Your wife's behavior is completely lazy and selfish. I don't blame you for wanting to divorce her. I always say that those who do not work outside the home should handle the housework. If one partner works less hours, he or she should take on more chores. 
If both partners work full time then housework should be divided evenly. 

I don't understand wives who have good husbands yet refuse to take care of them. I do housework and cooking for my husband because he spoils me. It makes my husband feel loved when he has a decent meal at the end of the day. 

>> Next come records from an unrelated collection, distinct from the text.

-- ===== src/Xsd/Types.antt =====
-- The complex types whose content begins with the reference to the group: an insertion makes one, and
-- leaves it as it is.
use muen.Base.{
  Error, Bool, true, false, List, [], ◌∷◌, ◌++◌, Option, none, some, Str, codes, Result, ok, err,
}
use muen.Base.{◌≡◌, refl, ap, ◌∙◌, sym, >>=-eq-ok, ltb, length, if◌then◌else◌}
use mathlib.Core.List.{append_assoc, append-nil}
use muen.Base.Text.Laws.{Avoids-of_test}
use muen.Xml.{Etree, IsLawful}
use muen.Xml.Names.{Names, IsNamed}
use muen.Xsd.{NsInfo, ns_info, localname, node_ancestors_string}
use muen.Xsd.Groups.{
  Kind, kind_of, insert_at, insert_at_end, insert_from, insert_usg_in_complex_type,
  insert_usg_in_sequence, restriction_path,
}
use muen.Xsd.Groups.Kind.{
  simple_content, complex_content, annotation, particle, sequence, attributes, other,
}
use muen.Xsd.Elements.{IsPrefix, ns_info-IsPrefix, localname-element, localname-set_children}
use muen.Xsd.Started.{IsOpened, insert_IsOpened, insert-IsOpened, localname-insert}
use muen.Base.{ok_injective}

pub refused :
    {A : Type 0} (b : Bool) (why : Error) (x y : A)
    → (if b then err why else ok x) ≡ ok y
    → (b ≡ false) × (x ≡ y)
refused true why x y h = cc
refused false why x y h = (refl, ok_injective x y h)

module _ (X : Etree) (N : Names X) where
  -- What is required of the first child that is no annotation, by its kind; `later` is the requirement on
  -- the children behind an annotation.
  abbrev pub StartsAt : Kind → X.Elem → Type 0 → Type 0
  StartsAt simple_content child later = Unit
  StartsAt complex_content child later = ltb 0 (length (X.xpath child restriction_path)) ≡ false
  StartsAt annotation child later = later
  StartsAt sequence child later = IsOpened X N child
  StartsAt particle child later = ⊥
  StartsAt attributes child later = ⊥
  StartsAt other child later = ⊥

  -- The content is text, is derived by extension, or begins with the reference to the group.
  abbrev pub IsStarted : List X.Elem → Type 0
  IsStarted [] = ⊥
  IsStarted (child ∷ cs) = StartsAt (kind_of (localname X N child)) child (IsStarted cs)

  starts_sequence :
      (s : X.Elem) (cs : List X.Elem)
      → localname X N s ≡ some (codes "sequence")
      → IsOpened X N s
      → IsStarted (s ∷ cs)
  starts_sequence s cs e o = rw e o

  module _ (L : IsLawful X) (M : IsNamed X N) where
    pub localname-new :
        (prefix : Str)
        → IsPrefix prefix
        → localname X N (X.element (prefix ++ codes "sequence") []) ≡ some (codes "sequence")
    localname-new prefix p =
        localname-element X N L M prefix (codes "sequence") [] p
          (Avoids-of_test (codes "}{") (codes "sequence") refl)

    -- A new sequence, with any children
    opened_new :
        (prefix : Str) (cs : List X.Elem) (e s : X.Elem)
        → IsPrefix prefix
        → e ≡ X.set_children (X.element (prefix ++ codes "sequence") []) cs
        → insert_usg_in_sequence X N e ≡ ok s
        → (ds : List X.Elem) → IsStarted (s ∷ ds)
    opened_new prefix cs e s p q h ds =
        starts_sequence s ds
          (localname-insert X N L M e s h
            ∙ ap (localname X N) q
            ∙ localname-set_children X N L M (X.element (prefix ++ codes "sequence") []) cs
            ∙ localname-new prefix p)
          (insert-IsOpened X N L M e s h)

    pub insert_from-cons :
        (ancestors : List X.Elem) (node : X.Elem) (prefix : Option Str) (before : List X.Elem)
        (child : X.Elem) (cs : List X.Elem) (ns : NsInfo)
        → ns_info X N child ≡ ok ns
        → insert_from X N ancestors node prefix before (child ∷ cs)
          ≡ insert_at X N ancestors node
              (kind_of (localname X N child))
              ns.ns_prefix
              before
              child
              cs
              (insert_from X N ancestors node (some ns.ns_prefix) (before ++ child ∷ []) cs)
    unfolding insert_from
    insert_from-cons ancestors node prefix before child cs ns i = rw i refl

    module _ (ancestors : List X.Elem) (node node' : X.Elem) where
      put :
          (before : List X.Elem) (s : X.Elem) (cs : List X.Elem)
          → X.set_children node (before ++ s ∷ cs) ≡ node'
          → ((ds : List X.Elem) → IsStarted ds → IsStarted (before ++ ds))
          → IsStarted (s ∷ cs)
          → IsStarted (X.children node')
      put before s cs e keep h =
          rw (← e, L.children-set_children node (before ++ s ∷ cs)) (keep (s ∷ cs) h)

      -- One child: `keep` says that what was passed are annotations.
      IsStarted-at :
          (k : Kind) (prefix : Str) (before : List X.Elem) (child : X.Elem) (cs : List X.Elem)
          (continued : Result X.Elem)
          → kind_of (localname X N child) ≡ k
          → IsPrefix prefix
          → X.children node ≡ before ++ child ∷ cs
          → ((ds : List X.Elem) → IsStarted ds → IsStarted (before ++ ds))
          → (k ≡ annotation → continued ≡ ok node' → IsStarted (X.children node'))
          → insert_at X N ancestors node k prefix before child cs continued ≡ ok node'
          → IsStarted (X.children node')
      IsStarted-at simple_content prefix before child cs continued e p c keep next h =
          rw (← ok_injective node node' h, c) (keep (child ∷ cs) (rw e tt))
      IsStarted-at complex_content prefix before child cs continued e p c keep next h =
          let (b, q) = refused (ltb 0 (length (X.xpath child restriction_path))) _ node node' h in
          rw (← q, c) (keep (child ∷ cs) (rw e b))
      IsStarted-at annotation prefix before child cs continued e p c keep next h = next refl h
      IsStarted-at particle prefix before child cs continued e p c keep next h =
          let new = X.element (prefix ++ codes "sequence") [] in
          let (s, i, r) = >>=-eq-ok (insert_usg_in_sequence X N (X.append new child)) _ h in
          put before s cs (ok_injective _ node' r) keep (
            opened_new prefix (X.children new ++ child ∷ []) (X.append new child) s p
              (M.append_lem new child) i cs)
      IsStarted-at sequence prefix before child cs continued e p c keep next h =
          let (s, i, r) = >>=-eq-ok (insert_usg_in_sequence X N child) _ h in
          put before s cs (ok_injective _ node' r) keep
            (rw (localname-insert X N L M child s i, e) (insert-IsOpened X N L M child s i))
      IsStarted-at attributes prefix before child cs continued e p c keep next h =
          let new = X.element (prefix ++ codes "sequence") [] in
          let (s, i, r) = >>=-eq-ok (insert_usg_in_sequence X N new) _ h in
          put before s (child ∷ cs) (ok_injective _ node' r) keep (
            opened_new prefix (X.children new) new s p (sym (M.set_children_self new)) i
              (child ∷ cs))
      IsStarted-at other prefix before child cs continued e p c keep next h =
          let (s, i, r) = >>=-eq-ok (node_ancestors_string X N child (node ∷ ancestors)) _ h in cc

      IsStarted-at_end :
          (prefix : Option Str)
          → ((p : Str) → prefix ≡ some p → IsPrefix p)
          → ((ds : List X.Elem) → IsStarted ds → IsStarted (X.children node ++ ds))
          → insert_at_end X N ancestors node prefix ≡ ok node'
          → IsStarted (X.children node')
      IsStarted-at_end none p keep h = cc
      IsStarted-at_end (some prefix) p keep h =
          let new = X.element (prefix ++ codes "sequence") [] in
          let (s, i, r) = >>=-eq-ok (insert_usg_in_sequence X N new) _ h in
          put (X.children node) s [] (sym (M.append_lem node s) ∙ ok_injective _ node' r) keep (
            opened_new prefix (X.children new) new s (p prefix refl) (sym (M.set_children_self new))
              i [])

      annotation_keeps :
          (before : List X.Elem) (child : X.Elem)
          → ((ds : List X.Elem) → IsStarted ds → IsStarted (before ++ ds))
          → kind_of (localname X N child) ≡ annotation
          → (ds : List X.Elem) → IsStarted ds
          → IsStarted ((before ++ child ∷ []) ++ ds)
      annotation_keeps before child keep e ds h =
          rw (append_assoc before (child ∷ []) ds) (keep (child ∷ ds) (rw e h))

      IsStarted-from :
          (prefix : Option Str) (before cs : List X.Elem)
          → X.children node ≡ before ++ cs
          → ((p : Str) → prefix ≡ some p → IsPrefix p)
          → ((ds : List X.Elem) → IsStarted ds → IsStarted (before ++ ds))
          → insert_from X N ancestors node prefix before cs ≡ ok node'
          → IsStarted (X.children node')
      unfolding insert_from
      IsStarted-from prefix before [] c p keep h =
          IsStarted-at_end prefix p (rw (c, append-nil before) keep) h
      IsStarted-from prefix before (child ∷ cs) c p keep h =
          let (ns, i, q) = ns_info-IsPrefix X N L M child in
          let rest = insert_from X N ancestors node (some ns.ns_prefix) (before ++ child ∷ []) cs in
          IsStarted-at (kind_of (localname X N child)) ns.ns_prefix before child cs rest refl q c
            keep
            (λ a g.
              IsStarted-from (some ns.ns_prefix) (before ++ child ∷ []) cs
                (c ∙ sym (append_assoc before (child ∷ []) cs))
                (λ t e. let w : ns.ns_prefix ≡ t = cc in rw (← w) q)
                (annotation_keeps before child keep a) g)
            (sym (insert_from-cons ancestors node prefix before child cs ns i) ∙ h)

      -- The content of a complex type begins with the reference to the group after an insertion that
      -- returns, or it is text or an extension.
      pub insert-IsStarted :
          insert_usg_in_complex_type X N ancestors node ≡ ok node' → IsStarted (X.children node')
      unfolding insert_usg_in_complex_type
      insert-IsStarted h = IsStarted-from none [] (X.children node) refl (λ p e. cc) (λ ds d. d) h

    module _ (ancestors : List X.Elem) (node : X.Elem) where
      unchanged_at :
          (k : Kind) (prefix : Str) (before : List X.Elem) (child : X.Elem) (cs : List X.Elem)
          (later : Type 0) (continued : Result X.Elem)
          → X.children node ≡ before ++ child ∷ cs
          → (later → continued ≡ ok node)
          → StartsAt k child later
          → insert_at X N ancestors node k prefix before child cs continued ≡ ok node
      unchanged_at simple_content prefix before child cs later continued c next s = refl
      unchanged_at complex_content prefix before child cs later continued c next s = rw s refl
      unchanged_at annotation prefix before child cs later continued c next s = next s
      unchanged_at sequence prefix before child cs later continued c next s =
          rw (insert_IsOpened X N L M child s)
            (ap (λ ds. ok (X.set_children node ds)) (sym c) ∙ ap ok (M.set_children_self node))
      unchanged_at particle prefix before child cs later continued c next s = absurd s
      unchanged_at attributes prefix before child cs later continued c next s = absurd s
      unchanged_at other prefix before child cs later continued c next s = absurd s

      unchanged_from :
          (prefix : Option Str) (before cs : List X.Elem)
          → X.children node ≡ before ++ cs
          → IsStarted cs
          → insert_from X N ancestors node prefix before cs ≡ ok node
      unchanged_from prefix before [] c s = absurd s
      unchanged_from prefix before (child ∷ cs) c s =
          let (ns, i, q) = ns_info-IsPrefix X N L M child in
          insert_from-cons ancestors node prefix before child cs ns i
          ∙ unchanged_at (kind_of (localname X N child)) ns.ns_prefix before child cs (IsStarted cs)
              (insert_from X N ancestors node (some ns.ns_prefix) (before ++ child ∷ []) cs) c
              (unchanged_from (some ns.ns_prefix) (before ++ child ∷ []) cs
                (c ∙ sym (append_assoc before (child ∷ []) cs)))
              s

      pub insert_IsStarted :
          IsStarted (X.children node) → insert_usg_in_complex_type X N ancestors node ≡ ok node
      unfolding insert_usg_in_complex_type
      insert_IsStarted s = unchanged_from none [] (X.children node) refl s

    -- Inserting the reference a second time changes nothing: what `insert_usg_in_complex_type` returns, it
    -- returns again, whatever the ancestors are.
    pub insert_usg_in_complex_type_idempotent :
        (ancestors ancestors' : List X.Elem) (node node' : X.Elem)
        → insert_usg_in_complex_type X N ancestors node ≡ ok node'
        → insert_usg_in_complex_type X N ancestors' node' ≡ ok node'
    insert_usg_in_complex_type_idempotent ancestors ancestors' node node' h =
        insert_IsStarted ancestors' node' (insert-IsStarted ancestors node node' h)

You and your wife have been together for a very long time. Can you have a serious discussion with her? Be firm and clear about your expectations, as well as the consequences.


----------



## SadandAngry (Aug 24, 2012)

You are in a bad spot. Her not working for four years means you'll be utterly screwed over when it comes to alimony.


----------



## SadandAngry (Aug 24, 2012)

Of course, if she controls the finances now, you could wind up better of, having complete control over 50% beats no control over 100%.


----------



## Theseus (Feb 22, 2013)

happy as a clam said:


> Ummm... forget the housework. I'm more concerned that you haven't had sex in 8 years?!?!


You beat me to it - I was about to say the very same thing.

OP, it sounds like you don't have a marriage. Instead of a wife you have a slacker roommate. Have you tried marriage counseling? At least give that a shot before throwing in the towel.


----------



## Wiltshireman (Jan 23, 2013)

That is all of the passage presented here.